From what I know (and what the guide had told us) the government has a contract with the military to literally carve a new Skyway route whenever the rain messes with the terrain. So the “Skyway,” as it were, is ever-changing. As of our visit, the Skyway’s length according to Vic’s GPS, was about 25km – which makes it much longer than the previous blogger’s claim at the time he and his companions used it. What was once a 20-40 minute walk/trek, was now a 20 minute 4×4 ride from the jump-off point – which was not designed to be traversed on foot.
The Old Way on the other hand, would take a totally different [shorter] path to some point where the “trek” up the mountain would begin – a good couple of hours before you reach roughly the same place where the Skyway 4×4 ride would end.
So what happened was we got to the top via the Old Way as planned. But when we were done and ready to go back, it started raining… we then contemplated of once again, taking the Old Way going back – as the 4x4s couldn’t get to us via the Skyway as it was too slippery for the vehicles.
Then it started raining even harder (complete with thunder) which made the Old Way really dangerous. Fortunately, the time we had to re-evaluate our options was right at the part where we could go up to the Skyway 1 A path which by the way, made Maarat inclines look like childs play
So we went up and tried walking as far as we could via the Skyway until we could meet up with the 4x4s… which turned out to be halfway when the weather let up and made it possible for the vehicles to meet up with us.

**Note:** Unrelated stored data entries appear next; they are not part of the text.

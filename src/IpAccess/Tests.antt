-- ===== src/IpAccess/Tests.antt =====
-- A run of the theorem on policies.
use shitflared.Prelude.{ℕ, ◌≡◌, refl, true, false, List, [], ◌∷◌, some}
use shitflared.Prelude.Sort.{sort_by, insert_by}
use shitflared.IpAccess.{
  IpNet, Rule, Policy, validate_rule, validate_all, new_policy, allowed, contains, to_4,
}
use shitflared.IpAccess.Verdict.{verdict, first_that_applies, allowed-new_policy}

abbrev local_net : IpNet
local_net = record { ip = 10 ∷ 0 ∷ 0 ∷ 0 ∷ []; mask = 255 ∷ 0 ∷ 0 ∷ 0 ∷ [] }

abbrev no_ssh : Rule
no_ssh = record { ip_net = some local_net; ports = 2222 ∷ 22 ∷ []; allow = false }

abbrev sorted : Rule
sorted = record no_ssh { ports = 22 ∷ 2222 ∷ [] }

abbrev deny_ssh : Policy
deny_ssh = record { default_allow = true; rules = sorted ∷ [] }

abbrev host : List ℕ
host = 10 ∷ 1 ∷ 2 ∷ 3 ∷ []

in_local_net : contains local_net host ≡ true
unfolding contains to_4
in_local_net = refl

new_policy-deny_ssh : new_policy true (no_ssh ∷ []) ≡ some deny_ssh
unfolding new_policy validate_all validate_rule sort_by insert_by
new_policy-deny_ssh = refl

allowed-new_policy_example :
    (allowed deny_ssh host 22).0 ≡ verdict (first_that_applies (no_ssh ∷ []) host 22) true
allowed-new_policy_example =
    allowed-new_policy true (no_ssh ∷ []) deny_ssh host 22 new_policy-deny_ssh
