-- ===== src/Prelude/Bits/Or.antt =====
-- `|` of numbers whose bits do not meet is their sum.
use Prim.Native.Nat.{
  ℕ, zero, suc, ◌+◌, ◌*◌, ◌/◌, ◌%◌, ◌^◌, ◌≤◌, ◌<◌, max, bit_or, digits, bit_or-bitwise,
}
use mathlib.Core.Path.{◌≡◌, refl, ap}
use native.Mathlib.Omega.{arith}
use native.Mathlib.Nat.{pow-suc, mul-one, add-zero}

abbrev or_digits : ℕ → ℕ → ℕ → ℕ
or_digits n a b = digits (λ (b : ℕ). b) max n a b

or_digits_zero : (i j y : ℕ) → or_digits i 0 y ≡ or_digits j 0 y
or_digits_zero zero zero y = refl
or_digits_zero zero (suc j) y = refl
or_digits_zero (suc i) zero y = refl
or_digits_zero (suc i) (suc j) y = refl

or_digits_fuel : (i j x y : ℕ) → x ≤ i → x ≤ j → or_digits i x y ≡ or_digits j x y
or_digits_fuel zero zero x y hi hj = refl
or_digits_fuel i j zero y hi hj = or_digits_zero i j y
or_digits_fuel zero j (suc x) y hi hj = absurd (omega arith)
or_digits_fuel (suc i) zero (suc x) y hi hj = absurd (omega arith)
or_digits_fuel (suc i) (suc j) (suc x) y hi hj =
    let half = suc x / 2 in
    let rest = or_digits_fuel i j half (y / 2) (omega arith) (omega arith) in omega (arith, rest)

zero-bit_or : (b : ℕ) → bit_or 0 b ≡ b
zero-bit_or b = bit_or-bitwise 0 b

bit_or_step : (a b : ℕ) → bit_or a b ≡ bit_or (a / 2) (b / 2) * 2 + max (a % 2) (b % 2)
bit_or_step zero b = omega (arith, zero-bit_or b, zero-bit_or (b / 2))
bit_or_step (suc a) b = omega (
  arith,
  bit_or-bitwise (suc a) b,
  bit_or-bitwise (suc a / 2) (b / 2),
  or_digits_fuel a (suc a / 2) (suc a / 2) (b / 2) (omega arith) (omega arith),
)

bit_or-zero_fuel : (n a : ℕ) → a ≤ n → bit_or a 0 ≡ a
bit_or-zero_fuel n zero h = refl
bit_or-zero_fuel zero (suc a) h = absurd (omega arith)
bit_or-zero_fuel (suc n) (suc a) h =
    omega (arith, bit_or_step (suc a) 0, bit_or-zero_fuel n (suc a / 2) (omega arith))

halve : (k a : ℕ) → a * 2 ^ suc k / 2 ≡ a * 2 ^ k
halve k a = omega (arith, ap (λ (t : ℕ). a * t) (pow-suc 2 k))

-- (a << k) | b for b below 2 ^ k
pub bit_or-disjoint : (k a b : ℕ) → b < 2 ^ k → bit_or (a * 2 ^ k) b ≡ a * 2 ^ k + b
bit_or-disjoint zero a zero h = rw (mul-one, add-zero) (bit_or-zero_fuel a a (omega arith))
bit_or-disjoint zero a (suc b) h = absurd (omega arith)
bit_or-disjoint (suc k) a b h = omega (
  arith,
  pow-suc 2 k,
  ap (λ (t : ℕ). a * t) (pow-suc 2 k),
  bit_or_step (a * 2 ^ suc k) b,
  bit_or-disjoint k a (b / 2) (omega (arith, pow-suc 2 k)),
  ap (λ (t : ℕ). bit_or t (b / 2)) (halve k a),
)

Given what I mentioned about the current Skyway, and what the driver and tour guide said; we were the first people (the guide’s first time as well) who walked a path that wasn’t meant to be walked 2 And that seemed to never end when done on foot from what we experienced – well, at least half of it.
If Vic’s GPS was worth anything, we probably easily hiked/trekked about 20km all in all. Which sounds easy until you realize you’re constantly negotiating these kinds of paths the whole time. 3 Less the streams/water, but much more increased grades of inclines when you’re at the Skyway
All the right things
I thoroughly enjoyed this particular trip because everything prior to it (and during) seemed to fall into place.
There’s the whole Adidas promo which allowed me to get perfect shoes for the trek. Then Chrise had also registered Cris and I for this 10km run on the 24th – which gave us 20% discount coupons for North Face – which I used to get a waterproof jacket – sufficed to say I was the only one from the group who didn’t get soaked when it rained hahahaha.
Then there’s Katz arriving from the states with the hydration pack accessories I had ordered – so Cris and I were able to use them for the trip. And of course, our investing in “expandable” hydration packs were put to good use as we were able to cram everything we needed into the packs.
Since the shoes Cris and I bought were good for getting submerged as they had good drainage systems, we contemplated to just wear them sock-less to avoid the icky feeling of soaked socks, but we still opted to have a pair each in our packs just in case; boy, am I glad we did because you’ll really need socks.
I even bought visors along (which I never ever used before) just for kicks and ended up using them as well.
Simply put, the gear Cris and I used for our first trip would probably be the same thing we’d bring for future similar hikes. The only thing we need to change is to bring thicker socks… and she’s got to get a waterproof jacket. Otherwise, we were boy scouts then.
Tips for travellers
If you plan to do something like this, here are things to note. Others have been suggested by Vic (which I’m glad we heeded) and others are personal observations.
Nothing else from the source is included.